Funkcjonalność to coś, co aplikacja potrafi zrobić. W prostym
przykładzie bloga to możliwość dodania wpisu, edycji, dodania
komentarza, usunięcie ich etc.
Pod pojęciem "bajery" kryje się to co widać: ładne ikonki, dobra
organizacja elementów na stronie (menu, przyciski, linki), AJAX (tak, wg
mnie to bajer wizualny, ale o tym później), web 2.0-owe pregress bars i
indicators ;)

(Ten post jest kontynuacją http://webbricks.blogspot.com/2008/04/czego-tak-na-prawd-ode-mnie-chcesz.html)

W czym tak na prawdę tkwi problem: w zatraceniu się w pierdołach. Ty
budując aplikację (szczególnie od zera, gdy jest BARDZO niedojrzała)
musisz skupić się na funkcjonalnościach, które ma wypełniać. Jednak
bardzo łatwo ulec pokusie zbyt wczesnego upiększania aplikacji.
Nie podoba Ci się jak domyślnie wygląda tabelka, zamiast linka edytuj
fajnie by było mieć ikonkę, a treści mogłyby się dodawać bez
przeładowania strony... i zaczynasz tworzyć style tylko dla tej tabelki,
umieszczasz ikonki w niepełnym layoucie, implementujesz Ajaxa nie
wiedząc co jeszcze będzie w tym widoku. Efekt jest taki, że robisz
rzeczy na tym etapie niepotrzebne, które są pracochłonne i nie przynoszą
satysfakcji.
Do tego odrywasz się od głównego problemu, który brzmi "zbuduj
DZIAŁAJĄCĄ aplikację", który jest święty i nadrzędny. Bez osiągnięcia
tego celu, upiększenia na które straciłeś tyle czasu i energii, są
niepotrzebne. Poza tym, gdy nie masz doświadczenia i intuicji kogoś kto
ma pięcioletnie doświadczenie w budowaniu aplikacji, bardzo łatwo coś
popsuć (szczególne za pomocą wszędobylskiego Ajaxa <o tym poniżej>).
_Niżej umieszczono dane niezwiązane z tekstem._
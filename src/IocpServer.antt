-- ===== src/IocpServer.antt =====
-- IOCPServer.cpp: what the accept thread and the worker threads do with the sessions. A step runs to
-- its end before another one starts, but in `Interleavings` and `Workers`.
pub mod Accept
pub mod Serve
pub mod Worker
pub mod Start
pub mod Ends
pub mod Sound
pub mod History
pub mod Races
pub mod Interleavings
pub mod Identifiers
pub mod Entries
pub mod Directory
pub mod Packets
pub mod Receipts
pub mod Workers
use iocp_chat_server.Base.{ℕ, List, [], ◌∷◌, ◌==◌, if◌then◌else◌}
use iocp_chat_server.Session
use iocp_chat_server.Session.{Session}
use iocp_chat_server.Network.{Winsock}
use iocp_chat_server.Network.IoData.{clear}
use iocp_chat_server.Network.IocpSession.{IocpSession, Event, recv_stand_by}
use iocp_chat_server.Network.IocpSession
use iocp_chat_server.SessionManager.Memory.{
  Pointer, M, done, ◌>>=◌, ◌>>◌, load, store, emit, socket_io, associates, logs_accept,
  logs_accept_fail,
}
use iocp_chat_server.SessionManager.{add_session, close_session, destroy}

-- What the run-time system and Windows answer while a connection is accepted.
pub record Accepting : Type 0 where
  pub pointer : Pointer  -- of `new IOCPSession ()`
  pub memory : Session  -- what that storage held
  pub now : ℕ  -- CLOCK.SystemTick ()
  pub ioctl : ℕ  -- WSAIoctl (…)
  pub handle : ℕ  -- CreateIoCompletionPort (…), 0 for NULL

unfoldable pub emit_all : Pointer → List Event → M (Unit {0})
unfolding emit
emit_all p [] w = done tt w
emit_all p (e ∷ es) w = let rest = emit_all p es in (do emit (socket_io p e); rest) w

-- `SAFE_DELETE (session)`
unfoldable pub safe_delete : ℕ → Pointer → M (Unit {0})
unfolding destroy
safe_delete fuel p w = if p == 0 then done tt w else destroy (close_session fuel) p w

module _ (net : Winsock) (fuel : ℕ) where
  unfoldable pub start_recv : Pointer → M (Unit {0})
  unfolding load store emit_all
  start_recv p w =
      (do s ← load p; store p (recv_stand_by net s).0; emit_all p (recv_stand_by net s).1) w

  -- From `ioData_[IO_READ].clear ()` on.
  unfoldable pub associate : Accepting → Pointer → M (Unit {0})
  unfolding load store emit
  associate a p w =
      let failed = safe_delete fuel p in
      let started : M (Unit {0}) = (do emit (associates p); emit (logs_accept p); start_recv p) in
      (do
        s ← load p
        store p (record s { read = clear s.read })
        if a.handle == 0 then failed else started)
        w

  unfoldable pub register : Accepting → Pointer → M (Unit {0})
  register a p w = (do b ← add_session p; if b then associate a p else safe_delete fuel p) w

  -- `OnAccept (accepter, addrInfo)`
  unfoldable pub on_accept : Accepting → ℕ → ℕ → M (Unit {0})
  unfolding load store emit
  on_accept a accepter address w =
      let p = a.pointer in
      let made = IocpSession.make a.memory a.now in
      let (base, ok) = Session.on_accept made.session accepter address a.ioctl in
      let accepted = (do
        store p (record made { session = base })
        if ok then register a p else safe_delete fuel p) in
      if p == 0 then emit logs_accept_fail w else accepted w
Nie jestem przeciwnikiem Ajaxa, uważam ten trick (bo przecież nie
technologię) za coś fantastycznego, jednak użyty w niewłaściwym momencie
może wiele popsuć. Jest jak czosnek, który poprawia smak smażonych
potraw, ale dodany za wcześnie jest gorzki i obrzydliwy. Tak samo zbyt
wczesna implementacja rozwiązań w Ajaxie sprawi, że projekt stanie się
trudny w trawieniu.
Dużo lepszym, IMHO, podejściem jest stworzenie aplikacji, która będzie
działać w "czystym" html-u. Łatwiej ją przetestować, a tym bardziej
debugować. Pozbyć się w tym czasie poważnych błędów, zaprojektować
interfejs i dopiero wtedy skupić się na tym, żeby aplikacja była miła
dla oka. Twierdzę, że w tym momencie nie będziesz implementował w
funkcjonalności nic ponad proste, wspomagające funkcje współpracujące z
requestami ajaxowymi. Jestem niemal pewny, że większość tych requestów
będzie mogła działać na standardowych funkcjach, które już
zaimplementowałeś (ew. po drobnej przeróbce).
Podejście od przeciwnej strony owocuje powstaniem osobnych,
specyficznych funkcji dla Ajaxa, obok standardowych. Poza tym
wykrywanie, namierzanie i usuwanie błędów jest trudniejsze.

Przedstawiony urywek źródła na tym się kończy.